Indie figures wage battle over ratings

Valenti criticized by filmmakers

NEW YORK — Hollywood execs cheered recently as Jack Valenti flexed his muscles in Washington hoping to fight off Sen. Joe Lieberman and other pols bent on imposing a universal ratings system, but Valenti isn’t likely to win a popularity contest in the indie film world.

That’s clear as a dispute between two fixtures of the indie biz — taboo-busting director Todd Solondz and October Films co-founder and Lot 47 prexy Jeff Lipsky — flared on the news service

Solondz had been asked to alter his new film, “Storytelling,” to meet his contractual agreement with distributor Fine Line and secure an R rating. Instead, he superimposed a large red box on a scene he says was deemed “pornographic” by the MPAA, one that graphically shows a college professor (Robert Wisdom) having sex with a student (Selma Blair).

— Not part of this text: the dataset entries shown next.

-- ===== src/Chat.antt =====
-- ChatRoomManager (server/gameserver/game/chatroom_manager.cpp): the state, the role checks, the
-- broadcasts and the handlers, each in a child module.
pub mod State
pub mod Roles
pub mod Sync
pub mod Names
pub mod Valid
pub mod Leave
pub mod Create
pub mod Join
pub mod Search
pub mod Characters
pub mod Expressions
pub mod RoomUpdate
pub mod Moderation
pub mod Admin
pub mod Requests
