-- ===== src/Chat/Characters/Member.antt =====
-- What runs only for a member of a room (`if (!acc || !acc->chat_room) return;` in
-- chatroom_manager.cpp).
use studio_bondage_club.Prelude.{◌≡◌, refl, ◌⊎◌, inl, inr, some, Str, M, Option-cases}
use studio_bondage_club.Json.{JsonLib}
use studio_bondage_club.Chat.Characters
use studio_bondage_club.Chat.State.{Account, ChatRoom, Game, account_for, room_of}

module _ (J : JsonLib) where
  -- The account that is logged in on the socket, and its room.
  pub record Member (socket_id : Str) (g : Game J) : Type 0 where
    pub acc : Account J
    pub room : ChatRoom J
    pub logged_in : account_for J socket_id g ≡ some acc
    pub in_room : room_of J acc.chat_room g ≡ some room

  pub as_member-cases :
      (socket_id : Str) (k : Account J → ChatRoom J → M (Game J) (Unit {0})) (g : Game J)
      → ((Characters.as_member J socket_id k g).1 ≡ g)
        ⊎ (m : Member socket_id g) × (Characters.as_member J socket_id k g ≡ k m.acc m.room g)
  unfolding Characters.as_member Characters.in_room_as Characters.in_room_of
  as_member-cases socket_id k g = elim (Option-cases (account_for J socket_id g)) [
    | inl e ↦ inl (rw e refl)
    | inr (acc, e) ↦ elim (Option-cases (room_of J acc.chat_room g)) [
      | inl e' ↦ inl (rw (e, e') refl)
      | inr (room, e') ↦
          inr (record { acc = acc; room = room; logged_in = e; in_room = e' }, rw (e, e') refl)
    ]
  ]
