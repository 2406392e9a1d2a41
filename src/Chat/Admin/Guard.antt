-- ===== src/Chat/Admin/Guard.antt =====
-- Whose requests `chat_room_admin` (chatroom_manager.cpp) carries out.
use studio_bondage_club.Prelude.{
  ℤ, ◌≡◌, refl, ap, ◌∙◌, ◌⊎◌, inl, inr, ◌&&◌, Bool, true, false, Option, none, some, List, Str,
  Bool-cases,
}
use studio_bondage_club.Json.{JsonLib}
use studio_bondage_club.Chat.Admin
use studio_bondage_club.Chat.Admin.{chat_room_admin, administer, may_target}
use studio_bondage_club.Chat.Characters.Member.{Member, as_member-cases}
use studio_bondage_club.Chat.Names.{Settings}
use studio_bondage_club.Chat.Roles.{has_member_in}
use studio_bondage_club.Chat.State.{Account, ChatRoom, Game, member_number}

module _ (J : JsonLib) (cfg : Settings) (show : ℤ → Str) (perm : List Str → List Str) where
  -- The account on the socket is in a room whose administrators have its number.
  pub record Administers (socket_id : Str) (g : Game J) : Type 0 where
    pub member : Member J socket_id g
    pub listed : has_member_in J member.room.props.admin (member_number J member.acc) ≡ true

  and_left : (a b : Bool) → (a && b) ≡ true → a ≡ true
  and_left true b h = refl
  and_left false b h = h

  administer-cases :
      (json : J.Json) (n : ℤ) (action : Str) (acc : Account J) (room : ChatRoom J) (g : Game J)
      → ((administer J cfg show perm json n action acc room g).1 ≡ g)
        ⊎ (has_member_in J room.props.admin (member_number J acc) ≡ true)
  unfolding administer
  administer-cases json n action acc room g =
      elim (Bool-cases
        (has_member_in J room.props.admin (member_number J acc) && may_target J acc action n)) [
          | inl both ↦ inr (and_left _ _ both)
          | inr neither ↦ inl (rw neither refl)
        ]

  admin_if-cases :
      (socket_id : Str) (json : J.Json) (n : Option ℤ) (action : Option Str) (g : Game J)
      → ((Admin.admin_if J cfg show perm socket_id json n action g).1 ≡ g) ⊎ Administers socket_id g
  unfolding Admin.admin_if
  admin_if-cases socket_id json none a g = inl refl
  admin_if-cases socket_id json (some n) none g = inl refl
  admin_if-cases socket_id json (some n) (some action) g =
      elim (as_member-cases J socket_id (administer J cfg show perm json n action) g) [
        | inl kept ↦ inl kept
        | inr (m, e) ↦ elim (administer-cases json n action m.acc m.room g) [
          | inl kept ↦ inl (ap (λ r. r.1) e ∙ kept)
          | inr listed ↦ inr (record { member = m; listed = listed })
        ]
      ]

  -- A request to administer a room changes nothing and sends nothing, unless the account on the socket
  -- is logged in and in a room whose administrators have its number.
  pub chat_room_admin-cases :
      (socket_id : Str) (json : J.Json) (g : Game J)
      → ((chat_room_admin J cfg show perm socket_id json g).1 ≡ g) ⊎ Administers socket_id g
  unfolding chat_room_admin
  chat_room_admin-cases socket_id json g = elim (Bool-cases (J.is_object json)) [
    | inl object ↦ rw object (admin_if-cases socket_id json _ _ g)
    | inr other ↦ inl (rw other refl)
  ]
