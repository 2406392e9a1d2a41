-- ===== src/Chat/Join/Guard.antt =====
-- Who may enter a room through `chat_room_join` (chatroom_manager.cpp).
use studio_bondage_club.Prelude.{
  ◌≡◌, refl, ap, ◌∙◌, ◌⊎◌, inl, inr, Bool, true, false, Option, none, some, [], ◌∷◌, String, Str,
  pos, arith, leb_ℤ, length, find_if, str_eq, str_eq_iff, if◌then◌else◌, Bool-cases, Option-cases,
}
use studio_bondage_club.Json.{JsonLib, field?}
use studio_bondage_club.Chat.Join
use studio_bondage_club.Chat.Join.{refusal, chat_room_join}
use studio_bondage_club.Chat.Names.{upper_trim}
use studio_bondage_club.Chat.Roles.{has_member_in, account_has_any_role}
use studio_bondage_club.Chat.State.{
  Account, ChatRoom, Game, account_for, environment, member_number, send,
}

module _ (J : JsonLib) where
  -- No account and no room is changed.
  pub record IsUnchanged (g h : Game J) : Type 0 where
    pub accounts_kept : h.accounts ≡ g.accounts
    pub rooms_kept : h.rooms ≡ g.rooms

  -- The account on the socket may enter a room of the wanted name.
  pub record Admits (socket_id : Str) (json : J.Json) (g : Game J) : Type 0 where
    pub acc : Account J
    pub room : ChatRoom J
    pub name : Str
    pub wanted : field? J J.str? "Name" json ≡ some name
    pub logged_in : account_for J socket_id g ≡ some acc
    pub found :
        find_if (λ r. str_eq (upper_trim r.props.name) (upper_trim name)) g.rooms ≡ some room
    pub same_environment : environment J acc ≡ some room.props.environment
    pub not_full : leb_ℤ room.props.limit (pos (length room.accounts)) ≡ false
    pub not_banned : has_member_in J room.props.ban (member_number J acc) ≡ false
    pub has_role : account_has_any_role J acc room room.props.access ≡ true

  record Open (acc : Account J) (room : ChatRoom J) : Type 0 where
    pub not_full : leb_ℤ room.props.limit (pos (length room.accounts)) ≡ false
    pub not_banned : has_member_in J room.props.ban (member_number J acc) ≡ false
    pub has_role : account_has_any_role J acc room room.props.access ≡ true

  refusal-none : (acc : Account J) (room : ChatRoom J) → refusal J acc room ≡ none → Open acc room
  unfolding refusal
  refusal-none acc room e = record {
    not_full = ground arith;
    not_banned = ground arith;
    has_role = ground arith;
  }

  reply-IsUnchanged :
      (i : Str) (event text : String) (g : Game J) → IsUnchanged g (Join.reply J i event text g).1
  unfolding send
  reply-IsUnchanged i event text g = record { accounts_kept = refl; rooms_kept = refl }

  decide-cases :
      (i : Str) (acc : Account J) (room : ChatRoom J) (o : Option String) (g : Game J)
      → refusal J acc room ≡ o
      → IsUnchanged g (Join.decide J i acc room o g).1 ⊎ Open acc room
  unfolding Join.decide
  decide-cases i acc room none g e = inr (refusal-none acc room e)
  decide-cases i acc room (some why) g e = inl (reply-IsUnchanged i "ChatRoomSearchResponse" why g)

  join_found-cases :
      (i : Str) (acc : Account J) (o : Option (ChatRoom J)) (g : Game J)
      → IsUnchanged g (Join.join_found J i acc o g).1
        ⊎ (room : ChatRoom J) × (o ≡ some room)
          × (environment J acc ≡ some room.props.environment)
          × Open acc room
  unfolding Join.join_found
  join_found-cases i acc none g =
      inl (reply-IsUnchanged i "ChatRoomSearchResponse" "CannotFindRoom" g)
  join_found-cases i acc (some room) g = elim (Option-cases (environment J acc)) [
    | inl e ↦ inl (rw e (record { accounts_kept = refl; rooms_kept = refl }))
    | inr (environ, e) ↦ elim (Bool-cases (str_eq environ room.props.environment)) [
      | inl same ↦ elim (decide-cases i acc room (refusal J acc room) g refl) [
        | inl kept ↦ inl (rw (e, same) kept)
        | inr o ↦
            inr (room, refl, e ∙ ap some ((str_eq_iff environ room.props.environment).0 same), o)
      ]
      | inr other ↦
          inl (rw (e, other) (reply-IsUnchanged i "ChatRoomSearchResponse" "CannotFindRoom" g))
    ]
  ]

  join_for-cases :
      (i name : Str) (json : J.Json) (o : Option (Account J)) (g : Game J)
      → field? J J.str? "Name" json ≡ some name
      → account_for J i g ≡ o
      → IsUnchanged g (Join.join_for J i name o g).1 ⊎ Admits i json g
  unfolding Join.join_for Join.find_named
  join_for-cases i name json none g w e =
      inl (reply-IsUnchanged i "ChatRoomSearchResponse" "AccountError" g)
  join_for-cases i name json (some acc) g w e =
      elim (join_found-cases i acc (Join.find_named J (upper_trim name) g.rooms) g) [
        | inl kept ↦ inl kept
        | inr (room, f, same, o) ↦ inr (record {
          acc = acc;
          room = room;
          name = name;
          wanted = w;
          logged_in = e;
          found = f;
          same_environment = same;
          not_full = o.not_full;
          not_banned = o.not_banned;
          has_role = o.has_role;
        })
      ]

  join_if_valid-cases :
      (i : Str) (json : J.Json) (o : Option Str) (g : Game J)
      → ((name : Str) → o ≡ some name → field? J J.str? "Name" json ≡ some name)
      → IsUnchanged g (Join.join_if_valid J i o g).1 ⊎ Admits i json g
  unfolding Join.join_if_valid
  join_if_valid-cases i json none g w =
      inl (reply-IsUnchanged i "ChatRoomSearchResponse" "InvalidRoomData" g)
  join_if_valid-cases i json (some name) g w =
      join_for-cases i name json (account_for J i g) g (w name refl) refl

  named-some : (o : Option Str) (name : Str) → Join.named J o ≡ some name → o ≡ some name
  unfolding Join.named
  named-some none name e = e
  named-some (some []) name e = cc
  named-some (some (c ∷ s)) name e = e

  wanted_if : Bool → J.Json → Option Str
  wanted_if b json = if b then Join.named J (field? J J.str? "Name" json) else none

  wanted_if-some :
      (b : Bool) (json : J.Json) (name : Str)
      → wanted_if b json ≡ some name
      → field? J J.str? "Name" json ≡ some name
  unfolding wanted_if
  wanted_if-some true json name e = named-some _ name e
  wanted_if-some false json name e = cc

  -- A request to join a room changes no account and no room, unless the account on the socket is logged
  -- in and the first room of the wanted name is in the account's environment, is not full, has not
  -- banned the account, and gives it one of the roles for access.
  pub chat_room_join-cases :
      (socket_id : Str) (json : J.Json) (g : Game J)
      → IsUnchanged g (chat_room_join J socket_id json g).1 ⊎ Admits socket_id json g
  unfolding chat_room_join wanted_if
  chat_room_join-cases socket_id json g =
      join_if_valid-cases socket_id json (wanted_if (J.is_object json) json) g
        (wanted_if-some (J.is_object json) json)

Rather than camouflaging the offending bits digitally, a la “Eyes Wide Shut,” Solondz said he hoped to draw attention to the act of censorship.

“I didn’t want to be a victim of censorship; I’d rather take it by the cajones and say this is what it is,” Solondz said in the posted interview.

Lipsky doesn’t see it that way. In a letter to indieWire, Lipsky didn’t mince words: “For Todd Solondz to proclaim, ‘I just didn’t want to be a victim of censorship … is delusional and a sure-fire sign he is sucking up to Hollywood, the majors, and commercial cinema,” Lipsky wrote.

Solondz declined to discuss Lipsky’s missive. But the implication that he has sold out isn’t likely to sit well with a director who hassought to broaden the horizons of American indiedom with pics like “Welcome to the Dollhouse” and “Happiness,” which was dropped by October and released unrated by Good Machine.

Lipsky isn’t prepared to let Solondz off the hook, but he admits that Valenti should also be held accountable for this state of affairs.

“Jack Valenti is having a field day,” said Lipsky. The Lieberman legislation, he said, “creates a complete smokescreen that allows him to get away from what’s wrong with the MPAA. Hollywood allows him to have a Supreme Court-like tenure because his job is not to rock the boat.”